Now that "Star Wars: The Force Awakens" has been in theaters for about three weeks, some critics have pointed out the film's strong parallels to 1977's original "Star Wars" film. During an interview with The Hollywood Reporter, director J.J. Abrams addressed the concern that "The Force Awakens" relied a little too heavily on "A New Hope" and explained not only the universality of those conventions, but also how they benefited the franchise's newest characters.
"It was obviously a wildly intentional thing that we go backwards, in some ways, to go forwards in the important ways, given that... 'Star Wars' is a kind of specific gorgeous concoction of George [Lucas]'s that combines all sorts of things," Abrams explained. "Ultimately, the structure of 'Star Wars' itself is as classic and tried and true as you can get. It was itself derivative of all of these things that George loved so much, from the most obvious, 'Flash Gordon' and Joseph Campbell, to the [Akira] Kurosawa references, to Westerns -- I mean, all of these elements were part of what made 'Star Wars.'"
"I can understand that someone might say, 'Oh, it's a complete rip-off!' We inherited 'Star Wars.' The story of history repeating itself was, I believe, an obvious and intentional thing, and the structure of meeting a character who comes from a nowhere desert and discovers that she has a power within her, where the bad guys have a weapon that is destructive but that ends up being destroyed -- those simple tenets are by far the least important aspects of this movie, and they provide bones that were well-proven long before they were used in 'Star Wars,'" he continued.
"What was important for me was introducing brand new characters using relationships that were embracing the history that we know to tell a story that is new — to go backwards to go forwards," he shared. "So I understand that this movie, I would argue much more than the ones that follow, needed to take a couple of steps backwards into very familiar terrain, and using a structure of nobodies becoming somebodies defeating the baddies -- which is, again, I would argue, not a brand new concept, admittedly -- but use that to do, I think, a far more important thing, which is introduce this young woman, who's a character we've not seen before and who has a story we have not seen before, meeting the first Storm Trooper we've ever seen who we get to know as a human being; to see the two of them have an adventure in a way that no one has had yet, with Han Solo; to see those characters go to find someone who is a brand new character who, yes, may be diminutive, but is as far from Yoda as I think a description of a character can get, who gets to enlighten almost the way a wonderful older teacher or grandparent or great-aunt might, you know, something that is confirming a kind of belief system that is rejected by the main character; and to tell a story of being a parent and being a child and the struggles that that entails -- clearly 'Star Wars' has always been a familial story, but never in the way that we've told here."
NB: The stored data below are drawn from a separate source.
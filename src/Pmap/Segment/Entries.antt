-- ===== src/Pmap/Segment/Entries.antt =====
-- The bits of an entry, and the facts of the boot allocator and of a present table that the walk
-- uses.
use jos_vmx.Base.{ℕ, suc, ◌+◌, ◌*◌, ◌/◌, ◌%◌, ◌^◌, ◌<◌, ◌≡◌, refl, some, arith, bit_or}
use jos_vmx.Base.Bits.{bit_or_low, bit_or_split, bit_or-lt, bit_or_step}
use jos_vmx.Mmu.{word, pgsize, kernbase, pte_p, pdx, ptx, pte_addr, roundup}
use jos_vmx.Mmu.Address.{pte_addr-eq}
use jos_vmx.Pmap.{Pmap, ◌>>=◌}
use jos_vmx.Pmap.Boot.{boot_alloc}
use jos_vmx.Pmap.Table.Walk.{IsMachine, frame_at-eq}
use jos_vmx.Pmap.Segment.{boot_entry_of}

-- `pa | PTE_P | flags`
abbrev pub entry : ℕ → ℕ → ℕ
entry pa flags = bit_or (bit_or pa pte_p) flags

odd_or : (x : ℕ) → bit_or 1 x % 2 ≡ 1
odd_or x = ground (arith, bit_or_step 1 x)

-- An entry is present, names its frame, and fits in a word.
pub record IsEntry (f x : ℕ) : Type 0 where
  pub present : x % 2 ≡ 1
  pub names : x / 4096 ≡ f
  pub fits : x < word

pub entry-IsEntry : (f flags : ℕ) → f < 2 ^ 20 → flags < 4096 → IsEntry f (entry (f * 4096) flags)
entry-IsEntry f flags h k =
    let low = bit_or_low 12 f 1 (omega arith) in
    let split = bit_or_split 12 f 1 flags (omega arith) k in
    let small = bit_or-lt 12 1 flags (omega arith) k in
    let all : entry (f * 4096) flags ≡ f * 4096 + bit_or 1 flags = rw low split in
    rw all
      (record { present = omega (arith, odd_or flags); names = omega arith; fits = omega arith })

module _ (end : ℕ) where
  pub boot_alloc_page :
      (n : ℕ) (m : Pmap)
      → m.nextfree ≡ kernbase + n * 4096
      → n < 65535
      → boot_alloc end pgsize m
        ≡ some (kernbase + n * 4096, record m { nextfree = kernbase + suc n * 4096 })
  unfolding boot_alloc roundup
  boot_alloc_page n m e h = ground arith

  pub boot_entry_of-eq :
      (pgdir la f : ℕ) (m : Pmap)
      → IsMachine m
      → IsEntry f (m.phys pgdir (pdx la))
      → f < m.npages
      → boot_entry_of end pgdir la m ≡ some (some (f, ptx la), m)
  unfolding boot_entry_of
  boot_entry_of-eq pgdir la f m big v h =
      let at : pte_addr (m.phys pgdir (pdx la)) ≡ f * 2 ^ 12 =
        omega (arith, pte_addr-eq (m.phys pgdir (pdx la)) v.fits, v.names) in
      rw (at, frame_at-eq m f big h, ◌>>=◌) refl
"And yes, they destroy a weapon at the end of this movie, but then something else happens which is, I think, far more critical and far more important — and I think even in that moment, when that is happening, the thing I think the audience is focused on and cares more about is not, 'Is that big planet gonna blow up?' — 'cause we all know it's gonna blow up. What you really care about is what's gonna happen in the forest between these two characters who are now alone," he added.
Directed by J.J. Abrams, “Star Wars: The Force Awakens” stars franchise veterans Mark Hamill, Harrison Ford, Carrie Fisher, Peter Mayhew, Anthony Daniels and Kenny Baker, joined by newcomers John Boyega, Daisy Ridley, Adam Driver, Oscar Isaac, Andy Serkis, Domhnall Gleeson, Lupita Nyong’o, Gwendoline Christie and Max von Sydow. The film is now playing in theaters.